Each record should be retyped word for word.

#### Available data

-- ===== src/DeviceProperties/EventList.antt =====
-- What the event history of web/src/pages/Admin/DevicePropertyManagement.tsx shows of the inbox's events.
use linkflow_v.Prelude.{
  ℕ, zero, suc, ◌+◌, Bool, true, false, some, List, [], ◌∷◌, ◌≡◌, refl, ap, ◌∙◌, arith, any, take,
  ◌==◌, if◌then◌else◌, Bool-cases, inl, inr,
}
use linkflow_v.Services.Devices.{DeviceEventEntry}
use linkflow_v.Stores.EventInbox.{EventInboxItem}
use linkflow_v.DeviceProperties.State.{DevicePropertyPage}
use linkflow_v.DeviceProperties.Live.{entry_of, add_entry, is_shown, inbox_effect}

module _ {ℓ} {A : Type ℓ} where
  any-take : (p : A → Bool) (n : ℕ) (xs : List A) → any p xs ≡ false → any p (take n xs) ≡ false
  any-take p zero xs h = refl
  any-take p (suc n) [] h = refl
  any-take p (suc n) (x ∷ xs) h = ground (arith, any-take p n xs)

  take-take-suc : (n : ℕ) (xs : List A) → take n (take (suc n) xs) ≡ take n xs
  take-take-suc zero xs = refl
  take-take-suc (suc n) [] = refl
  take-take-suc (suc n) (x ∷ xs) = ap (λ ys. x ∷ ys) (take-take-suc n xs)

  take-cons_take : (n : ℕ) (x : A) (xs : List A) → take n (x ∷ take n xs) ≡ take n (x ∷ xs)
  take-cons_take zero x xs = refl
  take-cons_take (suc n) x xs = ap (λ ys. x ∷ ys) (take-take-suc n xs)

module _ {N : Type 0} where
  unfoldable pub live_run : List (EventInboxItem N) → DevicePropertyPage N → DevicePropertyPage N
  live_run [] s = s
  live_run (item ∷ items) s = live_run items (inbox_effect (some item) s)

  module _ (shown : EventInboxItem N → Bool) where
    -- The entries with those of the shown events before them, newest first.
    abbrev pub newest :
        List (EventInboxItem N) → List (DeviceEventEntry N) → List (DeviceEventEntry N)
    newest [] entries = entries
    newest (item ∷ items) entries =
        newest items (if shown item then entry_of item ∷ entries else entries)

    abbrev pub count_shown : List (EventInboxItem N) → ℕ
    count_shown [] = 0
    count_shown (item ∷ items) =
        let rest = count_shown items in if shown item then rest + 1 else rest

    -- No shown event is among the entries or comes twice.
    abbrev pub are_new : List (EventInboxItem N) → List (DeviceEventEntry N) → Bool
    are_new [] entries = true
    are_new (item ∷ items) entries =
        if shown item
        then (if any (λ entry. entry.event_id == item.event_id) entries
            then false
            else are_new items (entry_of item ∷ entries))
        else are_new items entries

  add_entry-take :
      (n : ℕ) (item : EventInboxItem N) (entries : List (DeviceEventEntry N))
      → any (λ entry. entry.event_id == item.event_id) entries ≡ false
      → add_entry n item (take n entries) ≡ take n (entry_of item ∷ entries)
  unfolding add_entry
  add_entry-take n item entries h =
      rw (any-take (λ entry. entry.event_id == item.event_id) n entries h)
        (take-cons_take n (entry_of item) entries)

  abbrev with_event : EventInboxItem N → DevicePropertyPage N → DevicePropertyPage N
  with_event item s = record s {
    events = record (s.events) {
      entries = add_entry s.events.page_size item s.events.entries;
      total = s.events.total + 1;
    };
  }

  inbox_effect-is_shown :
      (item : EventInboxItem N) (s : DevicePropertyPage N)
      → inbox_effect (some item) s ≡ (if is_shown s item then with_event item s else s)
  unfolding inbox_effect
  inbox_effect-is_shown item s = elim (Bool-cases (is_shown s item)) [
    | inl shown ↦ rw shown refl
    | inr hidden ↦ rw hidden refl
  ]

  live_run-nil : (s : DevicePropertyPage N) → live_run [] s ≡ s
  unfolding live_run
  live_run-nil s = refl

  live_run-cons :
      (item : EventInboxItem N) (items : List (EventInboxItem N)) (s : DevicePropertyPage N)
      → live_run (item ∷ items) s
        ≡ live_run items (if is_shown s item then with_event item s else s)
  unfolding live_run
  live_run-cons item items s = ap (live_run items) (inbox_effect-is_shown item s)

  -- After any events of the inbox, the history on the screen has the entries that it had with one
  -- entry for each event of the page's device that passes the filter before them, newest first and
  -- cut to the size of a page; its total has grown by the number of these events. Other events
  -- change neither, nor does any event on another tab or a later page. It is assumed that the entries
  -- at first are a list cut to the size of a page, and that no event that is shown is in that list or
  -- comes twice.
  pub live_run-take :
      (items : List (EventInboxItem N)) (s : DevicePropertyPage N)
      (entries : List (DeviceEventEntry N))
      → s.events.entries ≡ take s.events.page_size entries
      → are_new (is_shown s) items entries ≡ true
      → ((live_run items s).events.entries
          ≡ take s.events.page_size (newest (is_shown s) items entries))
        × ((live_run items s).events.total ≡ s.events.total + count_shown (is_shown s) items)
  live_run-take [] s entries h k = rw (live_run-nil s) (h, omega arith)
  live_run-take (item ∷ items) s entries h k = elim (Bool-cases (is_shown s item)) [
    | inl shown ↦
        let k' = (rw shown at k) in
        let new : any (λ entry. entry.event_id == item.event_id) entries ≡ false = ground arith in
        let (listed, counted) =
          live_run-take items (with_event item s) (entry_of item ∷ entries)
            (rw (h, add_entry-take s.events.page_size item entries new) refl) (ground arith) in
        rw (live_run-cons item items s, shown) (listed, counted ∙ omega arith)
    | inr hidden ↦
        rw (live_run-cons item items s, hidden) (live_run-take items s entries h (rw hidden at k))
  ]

########

Answer box =>
-- ===== src/DeviceProperties/EventList.antt =====
-- What the event history of web/src/pages/Admin/DevicePropertyManagement.tsx shows of the inbox's events.
use linkflow_v.Prelude.{
  ℕ, zero, suc, ◌+◌, Bool, true, false, some, List, [], ◌∷◌, ◌≡◌, refl, ap, ◌∙◌, arith, any, take,
  ◌==◌, if◌then◌else◌, Bool-cases, inl, inr,
}
use linkflow_v.Services.Devices.{DeviceEventEntry}
use linkflow_v.Stores.EventInbox.{EventInboxItem}
use linkflow_v.DeviceProperties.State.{DevicePropertyPage}
use linkflow_v.DeviceProperties.Live.{entry_of, add_entry, is_shown, inbox_effect}

module _ {ℓ} {A : Type ℓ} where
  any-take : (p : A → Bool) (n : ℕ) (xs : List A) → any p xs ≡ false → any p (take n xs) ≡ false
  any-take p zero xs h = refl
  any-take p (suc n) [] h = refl
  any-take p (suc n) (x ∷ xs) h = ground (arith, any-take p n xs)

  take-take-suc : (n : ℕ) (xs : List A) → take n (take (suc n) xs) ≡ take n xs
  take-take-suc zero xs = refl
  take-take-suc (suc n) [] = refl
  take-take-suc (suc n) (x ∷ xs) = ap (λ ys. x ∷ ys) (take-take-suc n xs)

  take-cons_take : (n : ℕ) (x : A) (xs : List A) → take n (x ∷ take n xs) ≡ take n (x ∷ xs)
  take-cons_take zero x xs = refl
  take-cons_take (suc n) x xs = ap (λ ys. x ∷ ys) (take-take-suc n xs)

module _ {N : Type 0} where
  unfoldable pub live_run : List (EventInboxItem N) → DevicePropertyPage N → DevicePropertyPage N
  live_run [] s = s
  live_run (item ∷ items) s = live_run items (inbox_effect (some item) s)

  module _ (shown : EventInboxItem N → Bool) where
    -- The entries with those of the shown events before them, newest first.
    abbrev pub newest :
        List (EventInboxItem N) → List (DeviceEventEntry N) → List (DeviceEventEntry N)
    newest [] entries = entries
    newest (item ∷ items) entries =
        newest items (if shown item then entry_of item ∷ entries else entries)

    abbrev pub count_shown : List (EventInboxItem N) → ℕ
    count_shown [] = 0
    count_shown (item ∷ items) =
        let rest = count_shown items in if shown item then rest + 1 else rest

    -- No shown event is among the entries or comes twice.
    abbrev pub are_new : List (EventInboxItem N) → List (DeviceEventEntry N) → Bool
    are_new [] entries = true
    are_new (item ∷ items) entries =
        if shown item
        then (if any (λ entry. entry.event_id == item.event_id) entries
            then false
            else are_new items (entry_of item ∷ entries))
        else are_new items entries

  add_entry-take :
      (n : ℕ) (item : EventInboxItem N) (entries : List (DeviceEventEntry N))
      → any (λ entry. entry.event_id == item.event_id) entries ≡ false
      → add_entry n item (take n entries) ≡ take n (entry_of item ∷ entries)
  unfolding add_entry
  add_entry-take n item entries h =
      rw (any-take (λ entry. entry.event_id == item.event_id) n entries h)
        (take-cons_take n (entry_of item) entries)

  abbrev with_event : EventInboxItem N → DevicePropertyPage N → DevicePropertyPage N
  with_event item s = record s {
    events = record (s.events) {
      entries = add_entry s.events.page_size item s.events.entries;
      total = s.events.total + 1;
    };
  }

  inbox_effect-is_shown :
      (item : EventInboxItem N) (s : DevicePropertyPage N)
      → inbox_effect (some item) s ≡ (if is_shown s item then with_event item s else s)
  unfolding inbox_effect
  inbox_effect-is_shown item s = elim (Bool-cases (is_shown s item)) [
    | inl shown ↦ rw shown refl
    | inr hidden ↦ rw hidden refl
  ]

  live_run-nil : (s : DevicePropertyPage N) → live_run [] s ≡ s
  unfolding live_run
  live_run-nil s = refl

  live_run-cons :
      (item : EventInboxItem N) (items : List (EventInboxItem N)) (s : DevicePropertyPage N)
      → live_run (item ∷ items) s
        ≡ live_run items (if is_shown s item then with_event item s else s)
  unfolding live_run
  live_run-cons item items s = ap (live_run items) (inbox_effect-is_shown item s)

  -- After any events of the inbox, the history on the screen has the entries that it had with one
  -- entry for each event of the page's device that passes the filter before them, newest first and
  -- cut to the size of a page; its total has grown by the number of these events. Other events
  -- change neither, nor does any event on another tab or a later page. It is assumed that the entries
  -- at first are a list cut to the size of a page, and that no event that is shown is in that list or
  -- comes twice.
  pub live_run-take :
      (items : List (EventInboxItem N)) (s : DevicePropertyPage N)
      (entries : List (DeviceEventEntry N))
      → s.events.entries ≡ take s.events.page_size entries
      → are_new (is_shown s) items entries ≡ true
      → ((live_run items s).events.entries
          ≡ take s.events.page_size (newest (is_shown s) items entries))
        × ((live_run items s).events.total ≡ s.events.total + count_shown (is_shown s) items)
  live_run-take [] s entries h k = rw (live_run-nil s) (h, omega arith)
  live_run-take (item ∷ items) s entries h k = elim (Bool-cases (is_shown s item)) [
    | inl shown ↦
        let k' = (rw shown at k) in
        let new : any (λ entry. entry.event_id == item.event_id) entries ≡ false = ground arith in
        let (listed, counted) =
          live_run-take items (with_event item s) (entry_of item ∷ entries)
            (rw (h, add_entry-take s.events.page_size item entries new) refl) (ground arith) in
        rw (live_run-cons item items s, shown) (listed, counted ∙ omega arith)
    | inr hidden ↦
        rw (live_run-cons item items s, hidden) (live_run-take items s entries h (rw hidden at k))
  ]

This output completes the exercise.